Exercise goal:
From the entries below, copy exactly the lines from the one that contains "pub runs : (n" through the one that contains "(n : ℕ) (u : ProcessUser)", both included, and only those.

===== Data records =====

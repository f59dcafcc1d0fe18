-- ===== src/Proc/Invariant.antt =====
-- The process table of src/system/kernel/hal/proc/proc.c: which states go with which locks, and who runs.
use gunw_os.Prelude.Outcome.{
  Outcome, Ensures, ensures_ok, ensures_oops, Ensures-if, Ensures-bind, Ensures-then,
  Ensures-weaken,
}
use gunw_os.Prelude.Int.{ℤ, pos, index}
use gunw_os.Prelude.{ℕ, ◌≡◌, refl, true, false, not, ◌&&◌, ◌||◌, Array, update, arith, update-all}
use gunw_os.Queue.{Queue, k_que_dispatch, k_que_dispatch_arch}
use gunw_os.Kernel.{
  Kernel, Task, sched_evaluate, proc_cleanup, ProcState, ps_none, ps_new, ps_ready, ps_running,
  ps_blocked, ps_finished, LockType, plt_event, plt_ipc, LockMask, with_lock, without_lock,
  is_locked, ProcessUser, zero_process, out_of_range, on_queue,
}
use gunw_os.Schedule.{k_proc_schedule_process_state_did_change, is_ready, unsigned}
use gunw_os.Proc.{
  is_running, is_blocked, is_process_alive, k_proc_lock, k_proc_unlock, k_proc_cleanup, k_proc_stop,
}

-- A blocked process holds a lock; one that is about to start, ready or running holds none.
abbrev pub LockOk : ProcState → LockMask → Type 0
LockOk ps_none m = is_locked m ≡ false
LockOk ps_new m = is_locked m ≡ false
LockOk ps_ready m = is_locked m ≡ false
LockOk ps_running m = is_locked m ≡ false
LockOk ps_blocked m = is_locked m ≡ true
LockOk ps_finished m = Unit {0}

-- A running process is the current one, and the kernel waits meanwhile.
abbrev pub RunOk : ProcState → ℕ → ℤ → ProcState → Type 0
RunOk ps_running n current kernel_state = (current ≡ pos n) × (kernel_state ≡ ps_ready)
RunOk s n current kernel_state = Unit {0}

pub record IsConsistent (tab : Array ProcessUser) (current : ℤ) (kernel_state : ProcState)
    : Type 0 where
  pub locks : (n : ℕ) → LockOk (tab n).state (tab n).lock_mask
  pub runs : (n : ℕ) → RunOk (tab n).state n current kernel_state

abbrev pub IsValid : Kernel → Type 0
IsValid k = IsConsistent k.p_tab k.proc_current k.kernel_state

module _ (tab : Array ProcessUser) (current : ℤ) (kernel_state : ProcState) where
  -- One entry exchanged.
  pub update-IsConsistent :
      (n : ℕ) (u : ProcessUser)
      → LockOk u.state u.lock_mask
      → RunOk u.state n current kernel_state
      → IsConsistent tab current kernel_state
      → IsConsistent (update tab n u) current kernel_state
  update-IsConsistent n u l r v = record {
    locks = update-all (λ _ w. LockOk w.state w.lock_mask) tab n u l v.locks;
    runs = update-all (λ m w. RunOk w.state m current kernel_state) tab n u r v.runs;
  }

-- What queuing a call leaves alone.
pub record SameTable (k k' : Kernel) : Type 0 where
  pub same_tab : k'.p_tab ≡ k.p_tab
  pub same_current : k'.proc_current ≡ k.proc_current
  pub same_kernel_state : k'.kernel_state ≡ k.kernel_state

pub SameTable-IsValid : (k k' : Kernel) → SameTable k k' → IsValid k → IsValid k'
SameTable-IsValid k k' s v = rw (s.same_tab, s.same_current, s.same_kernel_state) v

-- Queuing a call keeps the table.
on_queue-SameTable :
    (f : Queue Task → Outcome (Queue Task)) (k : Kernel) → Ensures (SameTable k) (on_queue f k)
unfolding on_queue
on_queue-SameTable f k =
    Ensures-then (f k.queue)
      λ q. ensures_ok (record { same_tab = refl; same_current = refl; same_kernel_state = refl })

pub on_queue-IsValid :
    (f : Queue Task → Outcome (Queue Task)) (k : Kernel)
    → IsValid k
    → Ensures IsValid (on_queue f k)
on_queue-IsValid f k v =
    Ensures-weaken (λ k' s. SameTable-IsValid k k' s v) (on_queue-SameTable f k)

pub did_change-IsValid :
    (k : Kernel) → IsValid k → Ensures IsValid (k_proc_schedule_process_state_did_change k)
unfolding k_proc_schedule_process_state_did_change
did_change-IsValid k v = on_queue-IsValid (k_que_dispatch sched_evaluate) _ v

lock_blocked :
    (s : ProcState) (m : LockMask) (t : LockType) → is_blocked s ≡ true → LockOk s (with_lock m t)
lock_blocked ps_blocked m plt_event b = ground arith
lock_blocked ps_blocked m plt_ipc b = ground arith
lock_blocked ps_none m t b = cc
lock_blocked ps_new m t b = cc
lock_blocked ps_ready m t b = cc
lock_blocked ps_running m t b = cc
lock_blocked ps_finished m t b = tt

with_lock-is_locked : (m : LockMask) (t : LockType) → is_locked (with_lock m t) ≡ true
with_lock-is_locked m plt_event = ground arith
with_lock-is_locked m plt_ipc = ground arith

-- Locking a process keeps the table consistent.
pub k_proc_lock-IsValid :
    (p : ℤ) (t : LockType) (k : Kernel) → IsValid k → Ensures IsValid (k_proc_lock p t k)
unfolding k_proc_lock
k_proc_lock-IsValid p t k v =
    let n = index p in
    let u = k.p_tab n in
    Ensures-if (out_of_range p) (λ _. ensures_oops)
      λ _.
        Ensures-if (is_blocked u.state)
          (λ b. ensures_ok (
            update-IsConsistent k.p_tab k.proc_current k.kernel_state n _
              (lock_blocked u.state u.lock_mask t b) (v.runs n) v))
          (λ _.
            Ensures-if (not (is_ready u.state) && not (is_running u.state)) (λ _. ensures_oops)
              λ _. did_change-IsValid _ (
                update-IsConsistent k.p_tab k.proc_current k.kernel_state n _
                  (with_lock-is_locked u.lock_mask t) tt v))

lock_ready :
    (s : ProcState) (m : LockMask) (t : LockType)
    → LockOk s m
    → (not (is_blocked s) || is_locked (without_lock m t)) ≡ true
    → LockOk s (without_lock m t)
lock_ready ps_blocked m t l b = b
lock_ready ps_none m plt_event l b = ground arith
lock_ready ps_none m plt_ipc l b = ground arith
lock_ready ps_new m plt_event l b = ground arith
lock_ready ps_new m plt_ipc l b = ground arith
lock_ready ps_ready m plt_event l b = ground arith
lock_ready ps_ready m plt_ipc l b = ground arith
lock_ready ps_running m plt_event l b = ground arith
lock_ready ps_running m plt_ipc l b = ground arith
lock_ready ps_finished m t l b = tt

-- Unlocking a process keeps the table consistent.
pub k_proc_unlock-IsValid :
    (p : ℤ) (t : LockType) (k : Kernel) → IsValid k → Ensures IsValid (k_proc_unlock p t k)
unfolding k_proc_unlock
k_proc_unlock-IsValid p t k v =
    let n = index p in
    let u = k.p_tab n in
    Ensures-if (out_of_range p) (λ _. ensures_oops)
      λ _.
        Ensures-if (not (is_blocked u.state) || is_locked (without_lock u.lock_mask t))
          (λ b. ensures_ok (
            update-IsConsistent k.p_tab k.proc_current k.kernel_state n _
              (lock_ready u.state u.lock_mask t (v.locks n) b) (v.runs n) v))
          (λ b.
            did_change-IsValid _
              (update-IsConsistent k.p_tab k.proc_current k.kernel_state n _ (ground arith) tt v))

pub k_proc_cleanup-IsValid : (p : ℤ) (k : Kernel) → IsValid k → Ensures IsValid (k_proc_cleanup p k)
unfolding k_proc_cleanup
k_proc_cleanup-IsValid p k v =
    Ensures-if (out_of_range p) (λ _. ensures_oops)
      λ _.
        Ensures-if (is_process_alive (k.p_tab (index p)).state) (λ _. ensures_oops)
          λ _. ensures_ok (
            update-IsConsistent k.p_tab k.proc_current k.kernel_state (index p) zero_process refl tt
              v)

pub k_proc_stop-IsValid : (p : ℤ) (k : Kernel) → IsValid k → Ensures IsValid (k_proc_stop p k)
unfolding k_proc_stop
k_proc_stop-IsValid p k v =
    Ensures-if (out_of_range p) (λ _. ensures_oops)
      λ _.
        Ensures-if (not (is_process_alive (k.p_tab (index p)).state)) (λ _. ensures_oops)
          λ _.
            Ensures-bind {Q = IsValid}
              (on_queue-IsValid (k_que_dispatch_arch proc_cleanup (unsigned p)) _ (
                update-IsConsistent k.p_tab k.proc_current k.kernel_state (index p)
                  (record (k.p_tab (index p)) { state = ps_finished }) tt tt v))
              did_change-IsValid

=====

Response:
  pub runs : (n : ℕ) → RunOk (tab n).state n current kernel_state

abbrev pub IsValid : Kernel → Type 0
IsValid k = IsConsistent k.p_tab k.proc_current k.kernel_state

module _ (tab : Array ProcessUser) (current : ℤ) (kernel_state : ProcState) where
  -- One entry exchanged.
  pub update-IsConsistent :
      (n : ℕ) (u : ProcessUser)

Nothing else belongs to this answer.